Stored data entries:
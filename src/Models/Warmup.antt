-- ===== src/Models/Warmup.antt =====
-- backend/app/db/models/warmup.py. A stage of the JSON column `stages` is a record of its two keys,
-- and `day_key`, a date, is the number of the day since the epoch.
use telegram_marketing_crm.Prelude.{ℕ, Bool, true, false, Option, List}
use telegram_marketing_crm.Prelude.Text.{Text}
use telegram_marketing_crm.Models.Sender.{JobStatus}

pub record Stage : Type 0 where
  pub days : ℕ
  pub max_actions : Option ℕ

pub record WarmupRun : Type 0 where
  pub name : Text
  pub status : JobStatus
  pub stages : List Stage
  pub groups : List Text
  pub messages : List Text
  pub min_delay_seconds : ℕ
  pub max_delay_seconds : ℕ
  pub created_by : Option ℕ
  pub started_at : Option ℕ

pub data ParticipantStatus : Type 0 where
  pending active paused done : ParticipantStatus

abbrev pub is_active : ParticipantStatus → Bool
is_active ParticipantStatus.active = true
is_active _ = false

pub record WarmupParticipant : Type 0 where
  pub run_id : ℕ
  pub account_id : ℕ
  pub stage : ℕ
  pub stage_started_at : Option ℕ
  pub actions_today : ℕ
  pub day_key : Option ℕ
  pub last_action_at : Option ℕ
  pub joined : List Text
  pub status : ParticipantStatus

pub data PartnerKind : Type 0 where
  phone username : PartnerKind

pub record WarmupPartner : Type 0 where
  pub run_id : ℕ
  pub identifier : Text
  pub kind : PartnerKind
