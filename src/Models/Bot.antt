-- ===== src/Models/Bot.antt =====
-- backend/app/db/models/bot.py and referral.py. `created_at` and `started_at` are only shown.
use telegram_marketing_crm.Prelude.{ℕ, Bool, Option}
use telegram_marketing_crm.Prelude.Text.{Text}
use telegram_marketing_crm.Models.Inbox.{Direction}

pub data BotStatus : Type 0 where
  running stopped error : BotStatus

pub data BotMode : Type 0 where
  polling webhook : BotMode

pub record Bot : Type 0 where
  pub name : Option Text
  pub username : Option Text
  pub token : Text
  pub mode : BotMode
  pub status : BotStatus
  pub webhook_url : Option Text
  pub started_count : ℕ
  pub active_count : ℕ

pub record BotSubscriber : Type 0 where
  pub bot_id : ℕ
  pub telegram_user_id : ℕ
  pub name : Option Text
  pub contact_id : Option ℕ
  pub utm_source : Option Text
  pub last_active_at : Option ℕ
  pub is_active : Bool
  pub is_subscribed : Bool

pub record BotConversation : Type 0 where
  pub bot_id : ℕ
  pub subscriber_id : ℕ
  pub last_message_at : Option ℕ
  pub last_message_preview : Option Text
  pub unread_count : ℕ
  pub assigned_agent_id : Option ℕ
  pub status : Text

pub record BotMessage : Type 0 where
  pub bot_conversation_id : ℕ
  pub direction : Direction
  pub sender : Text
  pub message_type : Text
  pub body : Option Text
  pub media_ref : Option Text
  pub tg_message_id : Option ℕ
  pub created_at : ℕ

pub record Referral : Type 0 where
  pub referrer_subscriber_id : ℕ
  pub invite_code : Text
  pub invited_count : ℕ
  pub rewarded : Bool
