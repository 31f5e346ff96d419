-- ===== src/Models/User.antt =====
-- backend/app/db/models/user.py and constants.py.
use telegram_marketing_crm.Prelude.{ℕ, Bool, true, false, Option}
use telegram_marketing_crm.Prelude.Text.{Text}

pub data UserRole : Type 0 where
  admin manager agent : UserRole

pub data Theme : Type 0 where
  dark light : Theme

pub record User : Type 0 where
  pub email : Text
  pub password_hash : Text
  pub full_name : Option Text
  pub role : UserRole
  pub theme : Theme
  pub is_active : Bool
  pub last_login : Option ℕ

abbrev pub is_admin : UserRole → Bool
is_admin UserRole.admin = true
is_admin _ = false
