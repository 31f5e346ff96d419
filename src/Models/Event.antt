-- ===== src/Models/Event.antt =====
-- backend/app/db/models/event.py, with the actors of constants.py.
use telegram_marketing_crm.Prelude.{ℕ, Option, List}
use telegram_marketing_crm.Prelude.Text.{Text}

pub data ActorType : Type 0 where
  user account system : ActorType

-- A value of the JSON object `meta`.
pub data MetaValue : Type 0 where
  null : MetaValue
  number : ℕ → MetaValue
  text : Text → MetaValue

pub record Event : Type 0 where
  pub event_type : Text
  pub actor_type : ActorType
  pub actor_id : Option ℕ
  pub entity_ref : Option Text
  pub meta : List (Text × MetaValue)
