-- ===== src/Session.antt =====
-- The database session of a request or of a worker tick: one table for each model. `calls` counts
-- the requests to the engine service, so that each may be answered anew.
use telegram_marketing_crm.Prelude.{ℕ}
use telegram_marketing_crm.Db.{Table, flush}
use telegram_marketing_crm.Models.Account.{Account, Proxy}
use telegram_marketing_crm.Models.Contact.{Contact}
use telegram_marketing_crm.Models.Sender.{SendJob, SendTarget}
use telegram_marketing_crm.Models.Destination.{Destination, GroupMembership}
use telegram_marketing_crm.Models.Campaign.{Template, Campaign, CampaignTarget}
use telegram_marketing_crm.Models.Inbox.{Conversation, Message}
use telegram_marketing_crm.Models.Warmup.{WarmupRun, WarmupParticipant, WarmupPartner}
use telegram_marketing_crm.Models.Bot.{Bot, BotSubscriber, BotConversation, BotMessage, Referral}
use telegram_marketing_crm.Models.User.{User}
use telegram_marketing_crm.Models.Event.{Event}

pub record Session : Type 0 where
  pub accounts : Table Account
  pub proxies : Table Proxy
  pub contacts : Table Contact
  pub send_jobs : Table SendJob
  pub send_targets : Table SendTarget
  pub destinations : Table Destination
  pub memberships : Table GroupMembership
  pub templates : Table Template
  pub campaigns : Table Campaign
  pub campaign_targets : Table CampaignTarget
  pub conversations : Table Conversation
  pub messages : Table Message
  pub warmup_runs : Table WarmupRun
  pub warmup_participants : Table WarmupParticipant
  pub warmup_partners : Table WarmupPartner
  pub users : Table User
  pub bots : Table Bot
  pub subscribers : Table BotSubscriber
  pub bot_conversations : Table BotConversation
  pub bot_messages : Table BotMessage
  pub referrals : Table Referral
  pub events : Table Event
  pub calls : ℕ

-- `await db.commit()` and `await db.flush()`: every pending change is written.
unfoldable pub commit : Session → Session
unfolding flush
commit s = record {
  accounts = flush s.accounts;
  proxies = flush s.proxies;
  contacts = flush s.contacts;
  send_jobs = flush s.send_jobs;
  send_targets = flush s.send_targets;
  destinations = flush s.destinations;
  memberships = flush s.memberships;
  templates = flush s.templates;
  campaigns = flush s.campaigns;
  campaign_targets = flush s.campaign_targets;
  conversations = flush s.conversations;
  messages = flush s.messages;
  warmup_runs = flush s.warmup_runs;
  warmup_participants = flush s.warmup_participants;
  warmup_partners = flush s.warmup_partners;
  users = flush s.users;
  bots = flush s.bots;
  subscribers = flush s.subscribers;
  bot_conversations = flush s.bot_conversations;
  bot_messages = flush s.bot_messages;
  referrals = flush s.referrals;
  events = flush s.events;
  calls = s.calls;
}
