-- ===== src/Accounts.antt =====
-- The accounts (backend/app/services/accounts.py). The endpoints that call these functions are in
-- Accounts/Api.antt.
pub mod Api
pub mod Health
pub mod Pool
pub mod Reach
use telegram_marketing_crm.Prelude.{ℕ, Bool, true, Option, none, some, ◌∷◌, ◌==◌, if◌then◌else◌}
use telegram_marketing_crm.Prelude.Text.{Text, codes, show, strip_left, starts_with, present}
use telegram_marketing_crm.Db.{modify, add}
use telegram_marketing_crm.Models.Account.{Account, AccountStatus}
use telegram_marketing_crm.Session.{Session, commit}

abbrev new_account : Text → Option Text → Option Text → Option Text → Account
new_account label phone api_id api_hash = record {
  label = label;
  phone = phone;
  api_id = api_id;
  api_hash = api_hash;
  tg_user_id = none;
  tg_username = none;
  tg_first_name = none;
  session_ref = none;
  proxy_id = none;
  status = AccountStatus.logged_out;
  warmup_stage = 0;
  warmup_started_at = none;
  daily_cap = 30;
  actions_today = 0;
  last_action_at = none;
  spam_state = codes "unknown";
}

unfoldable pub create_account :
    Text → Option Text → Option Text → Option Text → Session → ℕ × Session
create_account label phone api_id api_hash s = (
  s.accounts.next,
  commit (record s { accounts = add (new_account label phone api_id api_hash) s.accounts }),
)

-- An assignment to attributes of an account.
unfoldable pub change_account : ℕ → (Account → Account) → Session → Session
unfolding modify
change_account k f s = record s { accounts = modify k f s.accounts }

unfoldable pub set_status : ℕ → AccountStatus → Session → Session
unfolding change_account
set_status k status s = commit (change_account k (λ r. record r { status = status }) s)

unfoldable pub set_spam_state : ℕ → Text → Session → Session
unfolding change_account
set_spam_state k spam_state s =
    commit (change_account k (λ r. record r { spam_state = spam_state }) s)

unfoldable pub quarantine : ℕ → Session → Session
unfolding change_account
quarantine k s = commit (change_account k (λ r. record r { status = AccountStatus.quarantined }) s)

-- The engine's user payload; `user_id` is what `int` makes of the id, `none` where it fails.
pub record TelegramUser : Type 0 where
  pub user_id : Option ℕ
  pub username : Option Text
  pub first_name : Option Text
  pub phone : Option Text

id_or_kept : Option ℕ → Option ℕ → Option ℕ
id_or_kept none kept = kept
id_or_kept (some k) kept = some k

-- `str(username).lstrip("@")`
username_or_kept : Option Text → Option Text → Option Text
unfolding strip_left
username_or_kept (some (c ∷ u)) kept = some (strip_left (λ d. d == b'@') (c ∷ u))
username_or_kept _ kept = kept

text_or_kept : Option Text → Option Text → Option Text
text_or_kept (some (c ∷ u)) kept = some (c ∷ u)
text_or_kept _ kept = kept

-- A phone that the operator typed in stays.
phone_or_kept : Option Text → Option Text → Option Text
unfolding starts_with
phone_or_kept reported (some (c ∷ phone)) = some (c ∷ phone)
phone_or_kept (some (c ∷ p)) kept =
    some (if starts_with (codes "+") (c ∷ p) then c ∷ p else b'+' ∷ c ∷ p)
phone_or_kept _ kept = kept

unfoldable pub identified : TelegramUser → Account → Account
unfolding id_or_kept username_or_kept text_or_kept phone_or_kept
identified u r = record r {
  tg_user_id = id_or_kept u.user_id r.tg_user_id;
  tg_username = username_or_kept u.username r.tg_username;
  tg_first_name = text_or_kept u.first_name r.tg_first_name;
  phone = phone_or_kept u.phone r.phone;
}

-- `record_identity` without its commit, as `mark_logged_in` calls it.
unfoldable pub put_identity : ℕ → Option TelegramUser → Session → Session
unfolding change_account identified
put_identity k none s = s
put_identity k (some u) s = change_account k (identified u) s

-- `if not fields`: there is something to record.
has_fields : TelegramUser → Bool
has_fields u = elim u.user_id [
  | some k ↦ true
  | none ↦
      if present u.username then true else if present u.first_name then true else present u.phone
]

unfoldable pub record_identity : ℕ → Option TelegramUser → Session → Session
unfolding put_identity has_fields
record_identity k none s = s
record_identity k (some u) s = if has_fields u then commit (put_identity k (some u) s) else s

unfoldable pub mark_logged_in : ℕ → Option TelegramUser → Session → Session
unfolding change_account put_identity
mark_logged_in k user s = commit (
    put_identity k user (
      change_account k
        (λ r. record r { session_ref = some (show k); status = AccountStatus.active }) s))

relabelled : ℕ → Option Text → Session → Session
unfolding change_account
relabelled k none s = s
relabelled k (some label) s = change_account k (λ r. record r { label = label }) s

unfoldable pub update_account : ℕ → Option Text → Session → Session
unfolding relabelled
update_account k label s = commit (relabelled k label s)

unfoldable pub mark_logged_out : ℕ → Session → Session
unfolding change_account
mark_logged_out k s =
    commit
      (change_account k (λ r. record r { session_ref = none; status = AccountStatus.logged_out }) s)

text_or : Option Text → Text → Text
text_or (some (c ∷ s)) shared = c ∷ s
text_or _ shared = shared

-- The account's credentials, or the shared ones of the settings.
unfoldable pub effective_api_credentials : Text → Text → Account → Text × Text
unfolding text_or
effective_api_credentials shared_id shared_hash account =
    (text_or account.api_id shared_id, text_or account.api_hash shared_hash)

Action item:
In how many lines of the records does the word "quarantine" appear? Answer with the number only.

Written solution:
2